Generating website visits is important for the upper funnel. Multi-funnel marketing strategies typically rely on top-of-funnel activity to fuel the bottom-of-funnel activity. This is regularly achieved by defining broad audiences, reviewing ad engagement to refine those audiences, and using clicks from those audiences to build remarketing lists.
There is a big problem with this strategy – it doesn’t guarantee good-quality website traffic – and you need good-quality website traffic. Cast the net wide, show lots of impressions, and people will bite. You’ll generate some clicks. Clicks may be your primary objective, or they may be a nice by-product. But a click is not the same as a website visit. And a website visit is not the same as a website engagement. And you need people to engage with your website or there is no chance of them converting, right? That’s why you need good-quality traffic.
Introducing Microconversions
A microconversion is a measure of engagement. It’s an action that you’d expect a user to complete before they convert by way of a macroconversion (make a purchase, complete a form, or contact you, etc). For ecommerce websites, you are probably already aware of some microconversions such as add to basket, view cart, and begin checkout. But microconversions are often under-utilised for ecommerce and are certainly less commonplace for lead-gen websites. There’s a phrase that we love at Fountain: What you can measure, you can improve.
Microconversions are great for optimisations, reporting, retargeting and even business growth. You can use microconversions to generate higher-quality traffic from your top-of-funnel campaigns.
Off-site, a microconversion could be an engagement with your ad, such as (but not limited to):
- Watched % of your video (e.g. 75%);
- Clicked through to your profile page; or
- Viewed comments
On-site, a microconversion could be (but not limited to):
- Scroll depth* (e.g. 75%);
- Time spent on site (e.g. 3 or 30 seconds);
- Number of pages visited (e.g. 5 pages);
- Clicking on a call-to-action (CTA); or
- Clicking into a form
*Most websites have pages that require either little or no scrolling. Therefore, when measuring scroll depth, it’s really important to ensure that you only do this on scrollable pages. Otherwise, anyone who visits an un-scrollable page will be added to the list of people who scrolled 100% of the page.
This is by no means an exhaustive list because microconversions will vary for each website. Identifying and harnessing microconversions opens a lot of doors for your digital marketing. From more efficient bidding to more website engagement, more insightful reporting, and even business growth.

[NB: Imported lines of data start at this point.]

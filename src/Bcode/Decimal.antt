-- ===== src/Bcode/Decimal.antt =====
-- The decoder reads back the decimal numbers that the encoder prints.
use libctorrent.Prelude.{
  ℕ, zero, suc, ◌+◌, ◌-◌, ◌*◌, ◌/◌, ◌%◌, ◌^◌, ◌≤◌, ◌<◌, ◌≡◌, refl, ap, ◌∙◌, true, false, List, [],
  ◌∷◌, ◌++◌, append_assoc, arith, ltb, Bool-cases, inl, inr,
}
use libctorrent.Prelude.Int.{ℤ, pos, negsuc, negate}
use libctorrent.Bcode.Decode.{ok, is_digit, read_digits, read_natural, read_num}
use libctorrent.Bcode.Encode.{digits_of, decimal, print_int}

-- The digits of `n`, read from 0 on, bring the loop to `n`, if `n` is below 2^63.
read_digits-digits_of :
    (f n : ℕ) (rest : List ℕ)
    → n < f
    → n < 2 ^ 63
    → read_digits 0 (digits_of f n ++ rest) ≡ read_digits n rest
unfolding digits_of read_digits
read_digits-digits_of zero n rest h k = absurd (omega arith)
read_digits-digits_of (suc f) n rest h k = elim (Bool-cases (ltb n 10)) [
  | inl small ↦ rw small (ground arith)
  | inr big ↦
      let ih =
        read_digits-digits_of f (n / 10) ((b'0' + n % 10) ∷ rest) (ground arith) (omega arith) in
      let sum : (10 * (n / 10) + (b'0' + n % 10 - b'0')) % 2 ^ 64 ≡ n = omega arith in
      rw (big, append_assoc (digits_of f (n / 10)) ((b'0' + n % 10) ∷ []) rest)
        (ih ∙ ground (arith, sum))
]

-- The first digit of a positive number is not 0.
record Leads (l : List ℕ) : Type 0 where
  first : ℕ
  others : List ℕ
  shape : l ≡ first ∷ others
  low : b'1' ≤ first
  high : first ≤ b'9'

digits_of-Leads : (f n : ℕ) → n < f → 0 < n → Leads (digits_of f n)
unfolding digits_of
digits_of-Leads zero n h k = absurd (omega arith)
digits_of-Leads (suc f) n h k = elim (Bool-cases (ltb n 10)) [
  | inl small ↦ record {
    first = b'0' + n;
    others = [];
    shape = rw small;
    low = omega arith;
    high = ground arith;
  }
  | inr big ↦
      let ih = digits_of-Leads f (n / 10) (ground arith) (ground arith) in
      record {
        first = ih.first;
        others = ih.others ++ (b'0' + n % 10) ∷ [];
        shape = rw big (ap (λ l. l ++ (b'0' + n % 10) ∷ []) ih.shape);
        low = ih.low;
        high = ih.high;
      }
]

-- Reading stops at a character that is no digit.
stops : (n c : ℕ) (rest : List ℕ) → is_digit c ≡ false → read_digits n (c ∷ rest) ≡ ok n (c ∷ rest)
unfolding read_digits
stops n c rest h = rw h

read_natural-decimal :
    (n c : ℕ) (rest : List ℕ)
    → 0 < n
    → n < 2 ^ 63
    → is_digit c ≡ false
    → read_natural (decimal n ++ c ∷ rest) ≡ ok n (c ∷ rest)
unfolding read_natural decimal
read_natural-decimal n c rest some_digit h out =
    let lead = digits_of-Leads (n + 1) n (omega arith) some_digit in
    let all = read_digits-digits_of (n + 1) n (c ∷ rest) (omega arith) h ∙ stops n c rest out in
    let digit : is_digit lead.first ≡ true = ground (arith, lead.low, lead.high) in
    rw lead.shape (rw digit (rw lead.shape at all))

read_num-decimal :
    (n c : ℕ) (rest : List ℕ)
    → 0 < n
    → n < 2 ^ 63
    → is_digit c ≡ false
    → read_num (decimal n ++ c ∷ rest) ≡ ok (pos n) (c ∷ rest)
unfolding read_num decimal
read_num-decimal n c rest some_digit h out =
    let lead = digits_of-Leads (n + 1) n (omega arith) some_digit in
    let shaped = rw lead.shape at (read_natural-decimal n c rest some_digit h out) in
    ground (arith, lead.shape, lead.low, lead.high, shaped)

-- The magnitude of an integer.
abbrev pub magnitude : ℤ → ℕ
magnitude (pos n) = n
magnitude (negsuc n) = n + 1

-- `sc_read_num` reads back an integer that `%ld` printed, if its magnitude is below 2^63, up to the
-- next character that is no digit. After a single 0 it stops whatever follows.
pub read_num-print_int :
    (z : ℤ) (c : ℕ) (rest : List ℕ)
    → is_digit c ≡ false
    → magnitude z < 2 ^ 63
    → read_num (print_int z ++ c ∷ rest) ≡ ok z (c ∷ rest)
unfolding print_int
read_num-print_int (pos zero) c rest out h = unfold read_num decimal digits_of in refl
read_num-print_int (pos (suc n)) c rest out h = read_num-decimal (suc n) c rest (omega arith) h out
read_num-print_int (negsuc n) c rest out h =
    let read = read_natural-decimal (n + 1) c rest (omega arith) h out in
    let e : n + 1 ≡ suc n = omega arith in unfold read_num in ground (arith, read, ap negate e)

-- A printed number begins with a digit.
pub decimal-head : (n : ℕ) → (c : ℕ) × (l : List ℕ) × (decimal n ≡ c ∷ l) × (is_digit c ≡ true)
unfolding decimal
decimal-head zero = unfold digits_of in (b'0', [], refl, refl)
decimal-head (suc n) =
    let lead = digits_of-Leads (suc n + 1) (suc n) (omega arith) (omega arith) in
    (lead.first, lead.others, lead.shape, ground (arith, lead.low, lead.high))
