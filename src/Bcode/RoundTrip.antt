-- ===== src/Bcode/RoundTrip.antt =====
-- What the format means, and that the decoder reads it back.
use libctorrent.Prelude.{
  ℕ, zero, suc, ◌+◌, ◌*◌, ◌^◌, ◌≤◌, ◌<◌, ◌≡◌, ◌≢◌, refl, ap, ◌∙◌, List, [], ◌∷◌, ◌++◌, append_assoc,
  arith, ◌==◌, length, length-append, take-append, drop-append, Bool-cases, inl, inr, ==→eq,
}
use libctorrent.Prelude.Int.{pos}
use libctorrent.Bcode.Value.{BCode, int, str, list, dict, Items, nil, cons}
use libctorrent.Bcode.Decode.{
  ok, read_natural, read_num, expect, read_string, read_counted, parse_string, parse, parse_list,
  parse_dict, bdecode_str,
}
use libctorrent.Bcode.Encode.{decimal, print_int, int_text, len_text}
use libctorrent.Bcode.Decimal.{magnitude, read_num-print_int, decimal-head}

-- The encoding of a value, as the format defines it.
unfoldable mutual
  pub encode : BCode → List ℕ
  encode (int n) = int_text n
  encode (str s) = len_text s ++ s
  encode (list l) = b'l' ∷ encode_items l ++ b'e' ∷ []
  encode (dict l) = b'd' ∷ encode_items l ++ b'e' ∷ []

  pub encode_items : Items → List ℕ
  encode_items nil = []
  encode_items (cons b l) = encode b ++ encode_items l

-- The integers and lengths of a value fit, and dictionaries hold a string before each value.
unfoldable mutual
  pub Fits : BCode → Type 0
  Fits (int n) = magnitude n < 2 ^ 63
  Fits (str s) = length s < 2 ^ 63
  Fits (list l) = FitsItems l
  Fits (dict l) = FitsEntries l

  pub FitsItems : Items → Type 0
  FitsItems nil = Unit {0}
  FitsItems (cons b l) = Fits b × FitsItems l

  pub FitsEntries : Items → Type 0
  FitsEntries nil = Unit {0}
  FitsEntries (cons (str k) (cons b l)) = (length k < 2 ^ 63) × Fits b × FitsEntries l
  FitsEntries _ = ⊥

-- The fuel that a value takes.
mutual
  weight : BCode → ℕ
  weight (int n) = 1
  weight (str s) = 1
  weight (list l) = 1 + weight_items l
  weight (dict l) = 1 + weight_items l

  weight_items : Items → ℕ
  weight_items nil = 1
  weight_items (cons b l) = 1 + weight b + weight_items l

-- The loops go on after an element: it cannot have begun with `e`.
list_step :
    (f : ℕ) (s r rest : List ℕ) (b : BCode) (l : Items)
    → parse f s ≡ ok b r
    → parse_list f r ≡ ok l rest
    → parse_list (suc f) s ≡ ok (cons b l) rest
unfolding parse parse_list
list_step zero s r rest b l p q = cc
list_step (suc f) [] r rest b l p q = cc
list_step (suc f) (c ∷ s) r rest b l p q = elim (Bool-cases (c == b'e')) [
  | inl e ↦ let same = ==→eq c b'e' e in absurd (no_e (rw same at p))
  | inr e ↦ rw (e, p, q) refl
]
  where
    no_e : parse (suc f) (b'e' ∷ s) ≢ ok b r
    no_e h = cc

dict_step :
    (f : ℕ) (s r r' rest : List ℕ) (k : List ℕ) (b : BCode) (l : Items)
    → parse_string s ≡ ok k r
    → parse f r ≡ ok b r'
    → parse_dict f r' ≡ ok l rest
    → parse_dict (suc f) s ≡ ok (cons (str k) (cons b l)) rest
unfolding parse_dict
dict_step f [] r r' rest k b l n p q = unfold parse_string read_num in cc
dict_step f (c ∷ s) r r' rest k b l n p q = elim (Bool-cases (c == b'e')) [
  | inl e ↦ let same = ==→eq c b'e' e in absurd (no_e (rw same at n))
  | inr e ↦ rw (e, n, p, q) refl
]
  where
    no_e : parse_string (b'e' ∷ s) ≢ ok k r
    no_e h = unfold parse_string read_num read_natural in cc

parse_string-decimal :
    (s rest : List ℕ)
    → length s < 2 ^ 63
    → parse_string (decimal (length s) ++ b':' ∷ (s ++ rest)) ≡ ok s rest
unfolding parse_string print_int expect read_counted read_string
parse_string-decimal s rest h =
    let read = read_num-print_int (pos (length s)) b':' (s ++ rest) refl h in
    rw read (ground (arith, length-append s rest, take-append s rest, drop-append s rest))

-- The text of a string, its brackets moved.
string_text :
    (s rest : List ℕ) → (len_text s ++ s) ++ rest ≡ decimal (length s) ++ b':' ∷ (s ++ rest)
string_text s rest =
    append_assoc (len_text s) s rest ∙ append_assoc (decimal (length s)) (b':' ∷ []) (s ++ rest)

-- A string is told by its digit.
parse-decimal :
    (n f : ℕ) (t : List ℕ) (s rest : List ℕ)
    → parse_string (decimal n ++ t) ≡ ok s rest
    → parse (suc f) (decimal n ++ t) ≡ ok (str s) rest
unfolding parse
parse-decimal n f t s rest h =
    let (c, l, shape, digit) = decimal-head n in rw shape (ground (arith, digit, rw shape at h))

mutual
  unfolding parse parse_list parse_dict encode Fits weight expect

  parse-encode :
      (b : BCode) (f : ℕ) (rest : List ℕ)
      → Fits b
      → weight b ≤ f
      → parse f (encode b ++ rest) ≡ ok b rest
  parse-encode (int n) zero rest h w = absurd (omega arith)
  parse-encode (int n) (suc f) rest h w =
      let read = read_num-print_int n b'e' rest refl h in
      ap (λ t. parse (suc f) (b'i' ∷ t)) (append_assoc (print_int n) (b'e' ∷ []) rest)
      ∙ rw read refl
  parse-encode (str s) zero rest h w = absurd (omega arith)
  parse-encode (str s) (suc f) rest h w =
      ap (parse (suc f)) (string_text s rest)
      ∙ parse-decimal (length s) f (b':' ∷ (s ++ rest)) s rest (parse_string-decimal s rest h)
  parse-encode (list l) zero rest h w = absurd (omega arith)
  parse-encode (list l) (suc f) rest h w =
      ap (λ t. parse (suc f) (b'l' ∷ t)) (append_assoc (encode_items l) (b'e' ∷ []) rest)
      ∙ rw (parse_list-encode l f rest h (omega arith)) refl
  parse-encode (dict l) zero rest h w = absurd (omega arith)
  parse-encode (dict l) (suc f) rest h w =
      ap (λ t. parse (suc f) (b'd' ∷ t)) (append_assoc (encode_items l) (b'e' ∷ []) rest)
      ∙ rw (parse_dict-encode l f rest h (omega arith)) refl

  parse_list-encode :
      (l : Items) (f : ℕ) (rest : List ℕ)
      → FitsItems l
      → weight_items l ≤ f
      → parse_list f (encode_items l ++ b'e' ∷ rest) ≡ ok l rest
  parse_list-encode nil zero rest h w = absurd (omega arith)
  parse_list-encode nil (suc f) rest h w = refl
  parse_list-encode (cons b l) zero rest h w = absurd (omega arith)
  parse_list-encode (cons b l) (suc f) rest (hb, hl) w =
      ap (parse_list (suc f)) (append_assoc (encode b) (encode_items l) (b'e' ∷ rest))
      ∙ list_step f (encode b ++ (encode_items l ++ b'e' ∷ rest)) (encode_items l ++ b'e' ∷ rest)
          rest b l (parse-encode b f (encode_items l ++ b'e' ∷ rest) hb (omega arith))
          (parse_list-encode l f rest hl (omega arith))

  parse_dict-encode :
      (l : Items) (f : ℕ) (rest : List ℕ)
      → FitsEntries l
      → weight_items l ≤ f
      → parse_dict f (encode_items l ++ b'e' ∷ rest) ≡ ok l rest
  parse_dict-encode nil zero rest h w = absurd (omega arith)
  parse_dict-encode nil (suc f) rest h w = refl
  parse_dict-encode (cons (str k) (cons b l)) zero rest h w = absurd (omega arith)
  parse_dict-encode (cons (str k) (cons b l)) (suc f) rest (hk, hb, hl) w =
      let end = encode_items l ++ b'e' ∷ rest in
      let text = encode b ++ end in
      ap (parse_dict (suc f)) (
        append_assoc (len_text k ++ k) (encode b ++ encode_items l) (b'e' ∷ rest)
        ∙ ap (λ t. (len_text k ++ k) ++ t) (append_assoc (encode b) (encode_items l) (b'e' ∷ rest)))
      ∙ dict_step f ((len_text k ++ k) ++ text) text end rest k b l
          (ap parse_string (string_text k text) ∙ parse_string-decimal k text hk)
          (parse-encode b f end hb (omega arith)) (parse_dict-encode l f rest hl (omega arith))
  parse_dict-encode (cons (str k) nil) f rest h w = absurd h
  parse_dict-encode (cons (int n) l) f rest h w = absurd h
  parse_dict-encode (cons (list n) l) f rest h w = absurd h
  parse_dict-encode (cons (dict n) l) f rest h w = absurd h

-- The text is long enough for the fuel.
mutual
  unfolding encode weight

  weight_lt : (b : BCode) → weight b < 2 * length (encode b)
  weight_lt (int n) = omega arith
  weight_lt (str s) =
      omega (arith, length-append (len_text s) s, length-append (decimal (length s)) (b':' ∷ []))
  weight_lt (list l) = omega (arith, weight_items_le l, length-append (encode_items l) (b'e' ∷ []))
  weight_lt (dict l) = omega (arith, weight_items_le l, length-append (encode_items l) (b'e' ∷ []))

  weight_items_le : (l : Items) → weight_items l ≤ 2 * length (encode_items l) + 1
  weight_items_le nil = omega arith
  weight_items_le (cons b l) =
      omega (arith, weight_lt b, weight_items_le l, length-append (encode b) (encode_items l))

-- `bt_bdecode_str` on the encoding of a value gives the value back and stops right behind it,
-- whatever follows. The integers are above -2^63 and below 2^63, the strings shorter than 2^63, and
-- dictionaries hold keys and values in turn.
pub bdecode_str-encode :
    (b : BCode) (rest : List ℕ) → Fits b → bdecode_str (encode b ++ rest) ≡ ok b rest
unfolding bdecode_str
bdecode_str-encode b rest h =
    parse-encode b _ rest h (omega (arith, weight_lt b, length-append (encode b) rest))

Microconversions for Optimisations
Funnily enough, advertisers often like users to visit their websites. Therefore, a common tactic is to optimise for clicks. Unfortunately, the types of people who are likely to click on your ad are not necessarily the same people who are likely to engage with your website (or later become a customer). This is because some people are click-happy, and/or perhaps your targeting is slightly off, and/or your targeting is spot on but not everyone is ready to engage with you right now, and/or some people are in fact not people at all (they are bots). Attracting those types of visits to your website is a waste of money.
Smart-bidding algorithms are constantly improving. Big ad platforms are always getting better at working out who is likely to do what on your website. All we need to do is point the algorithm in the right direction.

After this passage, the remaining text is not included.